**Required work**
Would you reproduce the entries exactly, including every line?
--- Supplied data Enclosed Below ---
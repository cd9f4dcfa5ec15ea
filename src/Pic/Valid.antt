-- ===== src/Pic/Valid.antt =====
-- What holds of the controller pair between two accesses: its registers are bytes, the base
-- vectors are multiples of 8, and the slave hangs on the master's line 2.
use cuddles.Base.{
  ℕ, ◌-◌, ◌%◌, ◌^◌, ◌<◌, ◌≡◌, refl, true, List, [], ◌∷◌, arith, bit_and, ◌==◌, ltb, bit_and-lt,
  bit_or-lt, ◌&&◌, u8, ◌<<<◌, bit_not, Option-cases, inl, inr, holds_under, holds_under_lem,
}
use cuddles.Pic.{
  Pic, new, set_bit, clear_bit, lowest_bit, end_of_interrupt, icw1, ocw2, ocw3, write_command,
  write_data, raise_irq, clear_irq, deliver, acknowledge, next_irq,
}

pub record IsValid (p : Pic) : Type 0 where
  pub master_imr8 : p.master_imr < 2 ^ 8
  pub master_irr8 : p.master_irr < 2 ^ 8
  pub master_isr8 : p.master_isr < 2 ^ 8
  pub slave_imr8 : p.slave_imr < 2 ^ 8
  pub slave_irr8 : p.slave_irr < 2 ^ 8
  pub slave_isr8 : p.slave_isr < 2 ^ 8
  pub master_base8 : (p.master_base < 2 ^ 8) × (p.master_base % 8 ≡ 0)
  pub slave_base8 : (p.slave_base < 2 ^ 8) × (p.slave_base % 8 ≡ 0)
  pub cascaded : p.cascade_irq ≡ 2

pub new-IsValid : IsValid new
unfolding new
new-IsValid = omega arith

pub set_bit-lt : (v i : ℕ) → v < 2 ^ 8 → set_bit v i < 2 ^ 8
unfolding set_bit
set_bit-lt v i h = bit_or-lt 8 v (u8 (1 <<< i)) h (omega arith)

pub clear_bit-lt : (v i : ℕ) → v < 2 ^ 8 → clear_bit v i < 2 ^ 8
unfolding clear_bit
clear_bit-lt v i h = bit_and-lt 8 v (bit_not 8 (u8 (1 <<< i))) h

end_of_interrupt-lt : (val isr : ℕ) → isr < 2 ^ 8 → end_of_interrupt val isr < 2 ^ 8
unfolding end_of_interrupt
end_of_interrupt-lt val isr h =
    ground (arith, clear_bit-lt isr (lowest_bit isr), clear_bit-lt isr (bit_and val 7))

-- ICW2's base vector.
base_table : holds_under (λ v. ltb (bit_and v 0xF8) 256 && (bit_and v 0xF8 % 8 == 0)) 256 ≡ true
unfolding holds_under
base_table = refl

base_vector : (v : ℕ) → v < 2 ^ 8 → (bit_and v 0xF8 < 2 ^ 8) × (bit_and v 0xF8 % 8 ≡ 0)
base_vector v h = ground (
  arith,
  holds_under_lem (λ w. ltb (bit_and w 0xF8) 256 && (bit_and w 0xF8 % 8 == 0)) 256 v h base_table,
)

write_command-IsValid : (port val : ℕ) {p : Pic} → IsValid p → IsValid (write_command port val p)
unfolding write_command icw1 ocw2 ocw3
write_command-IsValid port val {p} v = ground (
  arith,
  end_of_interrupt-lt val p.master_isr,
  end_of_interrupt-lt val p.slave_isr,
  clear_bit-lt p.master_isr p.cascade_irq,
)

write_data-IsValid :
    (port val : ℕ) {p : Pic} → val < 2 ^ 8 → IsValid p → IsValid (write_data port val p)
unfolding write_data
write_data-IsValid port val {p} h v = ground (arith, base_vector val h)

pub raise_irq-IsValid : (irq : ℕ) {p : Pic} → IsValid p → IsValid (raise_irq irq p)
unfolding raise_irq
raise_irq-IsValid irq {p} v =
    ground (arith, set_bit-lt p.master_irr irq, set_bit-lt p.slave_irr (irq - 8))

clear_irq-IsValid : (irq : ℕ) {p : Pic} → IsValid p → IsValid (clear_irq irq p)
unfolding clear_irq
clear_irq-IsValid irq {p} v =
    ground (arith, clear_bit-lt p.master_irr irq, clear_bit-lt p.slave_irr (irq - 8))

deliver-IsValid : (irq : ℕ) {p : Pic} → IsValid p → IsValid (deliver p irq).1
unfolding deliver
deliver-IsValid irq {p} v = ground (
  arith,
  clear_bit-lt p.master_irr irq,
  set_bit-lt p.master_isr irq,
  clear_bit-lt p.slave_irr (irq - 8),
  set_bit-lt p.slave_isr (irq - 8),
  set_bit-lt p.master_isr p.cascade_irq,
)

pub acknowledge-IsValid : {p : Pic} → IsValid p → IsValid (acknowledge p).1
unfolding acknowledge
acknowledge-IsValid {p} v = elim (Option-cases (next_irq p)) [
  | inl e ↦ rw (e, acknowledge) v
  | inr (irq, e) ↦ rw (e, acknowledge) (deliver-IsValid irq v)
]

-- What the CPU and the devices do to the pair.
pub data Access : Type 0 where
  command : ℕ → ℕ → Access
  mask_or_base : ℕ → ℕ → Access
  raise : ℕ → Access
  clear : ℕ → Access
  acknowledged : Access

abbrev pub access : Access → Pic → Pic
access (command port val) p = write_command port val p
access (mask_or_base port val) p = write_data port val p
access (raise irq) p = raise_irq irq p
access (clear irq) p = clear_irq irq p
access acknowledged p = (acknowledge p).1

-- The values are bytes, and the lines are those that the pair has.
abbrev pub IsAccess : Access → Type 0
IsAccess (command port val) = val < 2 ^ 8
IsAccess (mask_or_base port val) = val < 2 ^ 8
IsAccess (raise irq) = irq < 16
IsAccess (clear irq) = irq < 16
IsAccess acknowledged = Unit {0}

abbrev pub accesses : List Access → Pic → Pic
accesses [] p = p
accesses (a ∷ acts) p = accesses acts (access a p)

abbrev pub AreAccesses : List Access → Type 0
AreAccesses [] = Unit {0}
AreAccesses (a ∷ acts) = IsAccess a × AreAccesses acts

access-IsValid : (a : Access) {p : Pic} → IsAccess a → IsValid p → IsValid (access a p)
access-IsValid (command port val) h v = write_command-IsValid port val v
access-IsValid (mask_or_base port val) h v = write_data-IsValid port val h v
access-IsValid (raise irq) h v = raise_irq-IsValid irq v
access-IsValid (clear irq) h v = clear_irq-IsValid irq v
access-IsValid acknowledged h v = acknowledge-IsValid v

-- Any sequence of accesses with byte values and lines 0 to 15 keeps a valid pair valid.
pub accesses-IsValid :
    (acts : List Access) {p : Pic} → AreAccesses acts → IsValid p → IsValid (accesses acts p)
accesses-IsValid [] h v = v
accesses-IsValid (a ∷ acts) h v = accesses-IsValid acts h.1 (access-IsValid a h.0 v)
--- End of Enclosed Supplied data ---
**Response**
repository cd9f4dcfa5ec15ea
filename src/Pic/Valid.antt
-- ===== src/Pic/Valid.antt =====
-- What holds of the controller pair between two accesses: its registers are bytes, the base
-- vectors are multiples of 8, and the slave hangs on the master's line 2.
use cuddles.Base.{
  ℕ, ◌-◌, ◌%◌, ◌^◌, ◌<◌, ◌≡◌, refl, true, List, [], ◌∷◌, arith, bit_and, ◌==◌, ltb, bit_and-lt,
  bit_or-lt, ◌&&◌, u8, ◌<<<◌, bit_not, Option-cases, inl, inr, holds_under, holds_under_lem,
}
use cuddles.Pic.{
  Pic, new, set_bit, clear_bit, lowest_bit, end_of_interrupt, icw1, ocw2, ocw3, write_command,
  write_data, raise_irq, clear_irq, deliver, acknowledge, next_irq,
}

pub record IsValid (p : Pic) : Type 0 where
  pub master_imr8 : p.master_imr < 2 ^ 8
  pub master_irr8 : p.master_irr < 2 ^ 8
  pub master_isr8 : p.master_isr < 2 ^ 8
  pub slave_imr8 : p.slave_imr < 2 ^ 8
  pub slave_irr8 : p.slave_irr < 2 ^ 8
  pub slave_isr8 : p.slave_isr < 2 ^ 8
  pub master_base8 : (p.master_base < 2 ^ 8) × (p.master_base % 8 ≡ 0)
  pub slave_base8 : (p.slave_base < 2 ^ 8) × (p.slave_base % 8 ≡ 0)
  pub cascaded : p.cascade_irq ≡ 2

pub new-IsValid : IsValid new
unfolding new
new-IsValid = omega arith

pub set_bit-lt : (v i : ℕ) → v < 2 ^ 8 → set_bit v i < 2 ^ 8
unfolding set_bit
set_bit-lt v i h = bit_or-lt 8 v (u8 (1 <<< i)) h (omega arith)

pub clear_bit-lt : (v i : ℕ) → v < 2 ^ 8 → clear_bit v i < 2 ^ 8
unfolding clear_bit
clear_bit-lt v i h = bit_and-lt 8 v (bit_not 8 (u8 (1 <<< i))) h

end_of_interrupt-lt : (val isr : ℕ) → isr < 2 ^ 8 → end_of_interrupt val isr < 2 ^ 8
unfolding end_of_interrupt
end_of_interrupt-lt val isr h =
    ground (arith, clear_bit-lt isr (lowest_bit isr), clear_bit-lt isr (bit_and val 7))

-- ICW2's base vector.
base_table : holds_under (λ v. ltb (bit_and v 0xF8) 256 && (bit_and v 0xF8 % 8 == 0)) 256 ≡ true
unfolding holds_under
base_table = refl

base_vector : (v : ℕ) → v < 2 ^ 8 → (bit_and v 0xF8 < 2 ^ 8) × (bit_and v 0xF8 % 8 ≡ 0)
base_vector v h = ground (
  arith,
  holds_under_lem (λ w. ltb (bit_and w 0xF8) 256 && (bit_and w 0xF8 % 8 == 0)) 256 v h base_table,
)

write_command-IsValid : (port val : ℕ) {p : Pic} → IsValid p → IsValid (write_command port val p)
unfolding write_command icw1 ocw2 ocw3
write_command-IsValid port val {p} v = ground (
  arith,
  end_of_interrupt-lt val p.master_isr,
  end_of_interrupt-lt val p.slave_isr,
  clear_bit-lt p.master_isr p.cascade_irq,
)

write_data-IsValid :
    (port val : ℕ) {p : Pic} → val < 2 ^ 8 → IsValid p → IsValid (write_data port val p)
unfolding write_data
write_data-IsValid port val {p} h v = ground (arith, base_vector val h)

pub raise_irq-IsValid : (irq : ℕ) {p : Pic} → IsValid p → IsValid (raise_irq irq p)
unfolding raise_irq
raise_irq-IsValid irq {p} v =
    ground (arith, set_bit-lt p.master_irr irq, set_bit-lt p.slave_irr (irq - 8))

clear_irq-IsValid : (irq : ℕ) {p : Pic} → IsValid p → IsValid (clear_irq irq p)
unfolding clear_irq
clear_irq-IsValid irq {p} v =
    ground (arith, clear_bit-lt p.master_irr irq, clear_bit-lt p.slave_irr (irq - 8))

deliver-IsValid : (irq : ℕ) {p : Pic} → IsValid p → IsValid (deliver p irq).1
unfolding deliver
deliver-IsValid irq {p} v = ground (
  arith,
  clear_bit-lt p.master_irr irq,
  set_bit-lt p.master_isr irq,
  clear_bit-lt p.slave_irr (irq - 8),
  set_bit-lt p.slave_isr (irq - 8),
  set_bit-lt p.master_isr p.cascade_irq,
)

pub acknowledge-IsValid : {p : Pic} → IsValid p → IsValid (acknowledge p).1
unfolding acknowledge
acknowledge-IsValid {p} v = elim (Option-cases (next_irq p)) [
  | inl e ↦ rw (e, acknowledge) v
  | inr (irq, e) ↦ rw (e, acknowledge) (deliver-IsValid irq v)
]

-- What the CPU and the devices do to the pair.
pub data Access : Type 0 where
  command : ℕ → ℕ → Access
  mask_or_base : ℕ → ℕ → Access
  raise : ℕ → Access
  clear : ℕ → Access
  acknowledged : Access

abbrev pub access : Access → Pic → Pic
access (command port val) p = write_command port val p
access (mask_or_base port val) p = write_data port val p
access (raise irq) p = raise_irq irq p
access (clear irq) p = clear_irq irq p
access acknowledged p = (acknowledge p).1

-- The values are bytes, and the lines are those that the pair has.
abbrev pub IsAccess : Access → Type 0
IsAccess (command port val) = val < 2 ^ 8
IsAccess (mask_or_base port val) = val < 2 ^ 8
IsAccess (raise irq) = irq < 16
IsAccess (clear irq) = irq < 16
IsAccess acknowledged = Unit {0}

abbrev pub accesses : List Access → Pic → Pic
accesses [] p = p
accesses (a ∷ acts) p = accesses acts (access a p)

abbrev pub AreAccesses : List Access → Type 0
AreAccesses [] = Unit {0}
AreAccesses (a ∷ acts) = IsAccess a × AreAccesses acts

access-IsValid : (a : Access) {p : Pic} → IsAccess a → IsValid p → IsValid (access a p)
access-IsValid (command port val) h v = write_command-IsValid port val v
access-IsValid (mask_or_base port val) h v = write_data-IsValid port val h v
access-IsValid (raise irq) h v = raise_irq-IsValid irq v
access-IsValid (clear irq) h v = clear_irq-IsValid irq v
access-IsValid acknowledged h v = acknowledge-IsValid v

-- Any sequence of accesses with byte values and lines 0 to 15 keeps a valid pair valid.
pub accesses-IsValid :
    (acts : List Access) {p : Pic} → AreAccesses acts → IsValid p → IsValid (accesses acts p)
accesses-IsValid [] h v = v
accesses-IsValid (a ∷ acts) h v = accesses-IsValid acts h.1 (access-IsValid a h.0 v)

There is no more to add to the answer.